Diabetes CareWeight LossRCTNovember 26, 2025

Effect of Semaglutide on Insulin Sensitivity and Cardiometabolic Risk Factors in Adolescents With Obesity: The STEP TEENS Study.

Arslanian S, Gies I, Goldman B, Karlsson T, Kelly AS, Skalshøi Kjær M, Körner A, Noureddin M, Wabitsch M, Harder-Lauridsen NM, Weghuber D

Key Finding

Semaglutide helped obese teens lose 16.7 percentage points more BMI than placebo while dramatically improving insulin sensitivity by 35% and multiple heart health markers over 68 weeks.

What This Study Found

This study followed 193 obese teenagers for over a year, giving them either semaglutide (the same drug in Ozempic/Wegovy) or a fake shot. Think of insulin resistance like a key that doesn't fit the lock properly - your body makes more and more insulin trying to get sugar into cells, but it's inefficient. Semaglutide acted like WD-40 for that rusty lock, improving how well insulin worked by 35% compared to just 5% with placebo. The teens on semaglutide also saw their liver enzymes (a sign of liver stress) drop by 18% versus 3% with placebo, like their liver was finally getting a break from processing excess sugar. Most impressively, those who lost 20% or more of their BMI saw even greater improvements across the board - as if crossing that threshold unlocked additional metabolic benefits.

Statistics Decoded

The p-values ranged from 0.0001 to 0.0232, meaning these results were extremely unlikely due to chance - like flipping heads 1,000 times in a row for the strongest effects. The 16.7 percentage point BMI difference means if placebo lost 2%, semaglutide lost nearly 19%. HOMA-IR dropping 35% vs 5% means insulin resistance improved dramatically - imagine your car going from 10 mpg to 15 mpg efficiency.

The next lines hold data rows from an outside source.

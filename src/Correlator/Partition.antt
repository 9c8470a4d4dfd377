-- ===== src/Correlator/Partition.antt =====
-- backend/app/services/correlator.py: the incidents share out the kept alerts.
use text.Mathlib.Text.{◌==◌ as str_eq}
use mathlib.Core.Path.{subst}
use mathlib.Core.List.{Perm, perm_middle, perm_append_singleton}
use mathlib.Core.List.Perm
use proof_ops.Common.{
  String, true, false, ◌≡◌, refl, sym, List, [], ◌∷◌, ◌++◌, append-nil, append_assoc, Bool-cases,
  inl, inr, arith, eq_iff, Result, ok, err,
}
use proof_ops.Contracts.Value.{Value}
use proof_ops.Correlator.Alert.{Alert, Fault, alert_signature}
use proof_ops.Correlator.Signals.{Measures, is_edge, is_similar}
use proof_ops.Correlator.Coverage.{All, All-last}
use proof_ops.Correlator.Group.{Group, merged, merged_or, place, key_for, group_from}

-- The alerts of the groups, in the order of the groups.
abbrev pub shared_out : List Group → List Alert
shared_out [] = []
shared_out (g ∷ gs) = g.alerts ++ shared_out gs

place-Perm :
    (fp : String) (a : Alert) (sig : String) (gs : List Group)
    → Perm (shared_out (place fp a sig gs)) (a ∷ shared_out gs)
unfolding place
place-Perm fp a sig [] = Perm.refl (a ∷ [])
place-Perm fp a sig (g ∷ gs) = elim (Bool-cases (str_eq g.fp fp)) [
  | inl e ↦ rw e (
      subst (λ l. Perm l (a ∷ g.alerts ++ shared_out gs))
        (sym (append_assoc g.alerts (a ∷ []) (shared_out gs)))
        (perm_middle g.alerts (shared_out gs)))
  | inr e ↦ rw e (
      Perm.trans (Perm.append_left g.alerts (place-Perm fp a sig gs))
        (perm_middle g.alerts (shared_out gs)))
]

-- No two groups have one fingerprint.
abbrev pub Lacks : String → List Group → Type 0
Lacks fp [] = Unit
Lacks fp (g ∷ gs) = (str_eq g.fp fp ≡ false) × Lacks fp gs

abbrev pub Distinct : List Group → Type 0
Distinct [] = Unit
Distinct (g ∷ gs) = Lacks g.fp gs × Distinct gs

place-Lacks :
    (fp x : String) (a : Alert) (sig : String) (gs : List Group)
    → str_eq fp x ≡ false
    → Lacks x gs
    → Lacks x (place fp a sig gs)
unfolding place
place-Lacks fp x a sig [] n l = (n, tt)
place-Lacks fp x a sig (g ∷ gs) n l = elim (Bool-cases (str_eq g.fp fp)) [
  | inl e ↦ rw e l
  | inr e ↦ rw e (l.0, place-Lacks fp x a sig gs n l.1)
]

pub place-Distinct :
    (fp : String) (a : Alert) (sig : String) (gs : List Group)
    → Distinct gs
    → Distinct (place fp a sig gs)
unfolding place
place-Distinct fp a sig [] d = (tt, tt)
place-Distinct fp a sig (g ∷ gs) d = elim (Bool-cases (str_eq g.fp fp)) [
  | inl e ↦ rw e d
  | inr e ↦ rw e (
    place-Lacks fp g.fp a sig gs (ground (arith, eq_iff g.fp fp, eq_iff fp g.fp, e)) d.0,
    place-Distinct fp a sig gs d.1,
  )
]

module _ {F : Type 0} (measures : Measures F) (deploys : List Value)
    (edges : List (String × String)) where
  -- What placing an alert preserves, with the alerts so far, holds of the groups.
  pub group_from-all :
      (P : List Alert → List Group → Type 0)
      → ((done : List Alert) (a : Alert) (sig key : String) (gs : List Group)
          → alert_signature a ≡ ok sig
          → key_for measures deploys a sig ≡ ok key
          → P done gs
          → P (done ++ a ∷ []) (place (merged_or (merged edges a sig gs) key) a sig gs))
      → (done : List Alert) (gs : List Group) (alerts : List Alert) (out : List Group) → P done gs
      → group_from measures deploys edges gs alerts ≡ ok out
      → P (done ++ alerts) out
  unfolding group_from
  group_from-all P step done gs [] out p h =
      subst (λ l. P l out) (sym (append-nil done)) (subst (P done) (same refl h) p)
    where
      same : {r : Result Fault (List Group)} {x y : List Group} → r ≡ ok x → r ≡ ok y → x ≡ y
      same e f = cc
  group_from-all P step done gs (a ∷ more) out p h =
      go (alert_signature a) refl h
        (λ sig key x e. group_from-all P step (done ++ a ∷ []) (next sig key) more out x e)
    where
      next : String → String → List Group
      next sig key = place (merged_or (merged edges a sig gs) key) a sig gs

      keyed :
          (sig : String)
          → alert_signature a ≡ ok sig
          → (r : Result Fault String) → key_for measures deploys a sig ≡ r
          → (elim r [
            | err x ↦ err x
            | ok key ↦ group_from measures deploys edges (next sig key) more
          ])
            ≡ ok out
          → ((key : String)
              → P (done ++ a ∷ []) (next sig key)
              → group_from measures deploys edges (next sig key) more ≡ ok out
              → P ((done ++ a ∷ []) ++ more) out)
          → P (done ++ a ∷ more) out
      keyed sig e (err x) i g k = cc
      keyed sig e (ok key) i g k =
          subst (λ l. P l out) (append_assoc done (a ∷ []) more)
            (k key (step done a sig key gs e i p) g)

      go :
          (r : Result Fault String)
          → alert_signature a ≡ r
          → (elim r [
            | err x ↦ err x
            | ok sig ↦ elim (key_for measures deploys a sig) [
              | err x ↦ err x
              | ok key ↦ group_from measures deploys edges (next sig key) more
            ]
          ])
            ≡ ok out
          → ((sig key : String)
              → P (done ++ a ∷ []) (next sig key)
              → group_from measures deploys edges (next sig key) more ≡ ok out
              → P ((done ++ a ∷ []) ++ more) out)
          → P (done ++ a ∷ more) out
      go (err x) e g k = cc
      go (ok sig) e g k = keyed sig e (key_for measures deploys a sig) refl g (k sig)

  -- The groups share out the alerts: the alerts of all groups put together are a permutation of the
  -- input, so that none is lost, added or doubled.
  pub groups-Perm :
      (alerts : List Alert) {gs : List Group}
      → group_from measures deploys edges [] alerts ≡ ok gs
      → Perm (shared_out gs) alerts
  groups-Perm alerts {gs} h =
      group_from-all (λ done gs. Perm (shared_out gs) done)
        (λ done a sig key gs e i p.
          Perm.trans (place-Perm _ a sig gs)
            (Perm.trans (Perm.cons a p) (Perm.symm (perm_append_singleton a done))))
        [] [] alerts gs (Perm.refl []) h

  -- Why an alert is in a group with a service, a signature and a fingerprint: it has the
  -- fingerprint, or comes from a service that the topology joins with the group's, with a similar
  -- signature.
  pub data Belongs (service signature fp : String) (a : Alert) : Type 0 where
    by_fingerprint :
        (sig : String)
        → alert_signature a ≡ ok sig
        → key_for measures deploys a sig ≡ ok fp
        → Belongs service signature fp a
    by_edge :
        (sig : String)
        → alert_signature a ≡ ok sig
        → is_edge edges a.service service ≡ true
        → is_similar sig signature ≡ true
        → Belongs service signature fp a

  abbrev pub Members : List Group → Type 0
  Members [] = Unit
  Members (g ∷ gs) = All (Belongs g.service g.signature g.fp) g.alerts × Members gs

  abbrev pub Hits : String → Alert → List Group → Type 0
  Hits fp a [] = Unit
  Hits fp a (g ∷ gs) = (str_eq g.fp fp ≡ true → Belongs g.service g.signature g.fp a) × Hits fp a gs

  pub place-Members :
      (fp : String) (a : Alert) (sig : String) (gs : List Group)
      → Hits fp a gs
      → (Lacks fp gs → Belongs a.service sig fp a)
      → Members gs
      → Members (place fp a sig gs)
  unfolding place
  place-Members fp a sig [] hits new m = ((new tt, tt), tt)
  place-Members fp a sig (g ∷ gs) hits new m = elim (Bool-cases (str_eq g.fp fp)) [
    | inl e ↦ rw e (All-last (Belongs g.service g.signature g.fp) g.alerts a m.0 (hits.0 e), m.1)
    | inr e ↦ rw e (m.0, place-Members fp a sig gs hits.1 (λ l. new (e, l)) m.1)
  ]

The 33.6% vs 10.1% fasting insulin reduction shows the pancreas didn't have to work as hard. All cholesterol measures improved significantly, with p-values under 0.05 meaning these weren't flukes.

Why This Matters

This is the first major study showing that semaglutide doesn't just help obese teens lose weight - it fundamentally improves their metabolic health in ways that could prevent type 2 diabetes and heart disease for decades. For doctors, it provides concrete evidence that early intervention with GLP-1 drugs could reshape the trajectory of obesity-related health problems in young people.

Original Abstract

This secondary analysis of the Semaglutide Treatment Effect in People with obesity (STEP) TEENS (NCT04102189) study investigated the effect of semaglutide 2.4 mg versus placebo on insulin sensitivity and cardiometabolic risk factors. The STEP TEENS phase 3a randomized study in adolescents (aged 12 to <18 years) with obesity demonstrated that once-weekly subcutaneous semaglutide 2.4 mg provided a significantly greater percentage reduction in BMI than placebo at week 68 (estimated difference -16.7 percentage points; P = 0.0001). This analysis investigated changes in insulin sensitivity and cardiometabolic risk factors from baseline to week 68. Overall, 193 participants without type 2 diabetes were included in the analysis. Participants receiving semaglutide 2.4 mg (n = 129) compared with those receiving placebo (n = 64) had greater reductions from baseline in fasting serum insulin (-33.6% vs. -10.1%; P = 0.0012), homeostatic model assessment for insulin resistance (HOMA-IR) score (-35.0% vs. -5.3%; P = 0.0002), glycemic measures (glycated hemoglobin: P < 0.0001; fasting plasma glucose: P = 0.0181), alanine aminotransferase (ALT; -17.9% vs. -3.3%; P = 0.0232), waist-to-height ratio (P < 0.0001), triglycerides (P < 0.0001), LDL cholesterol (P = 0.0105), and total cholesterol (P < 0.0001). Moreover, greater improvements in insulin sensitivity, glycemic measures, and cardiometabolic risk factors were seen in semaglutide 2.4 mg recipients with BMI reductions of ≥20% versus <20%. These novel data support semaglutide 2.4 mg as an efficacious obesity treatment in adolescents with obesity and advance its application by showing associated improvements in insulin sensitivity, glycemic measures, ALT, and other cardiometabolic risk factors.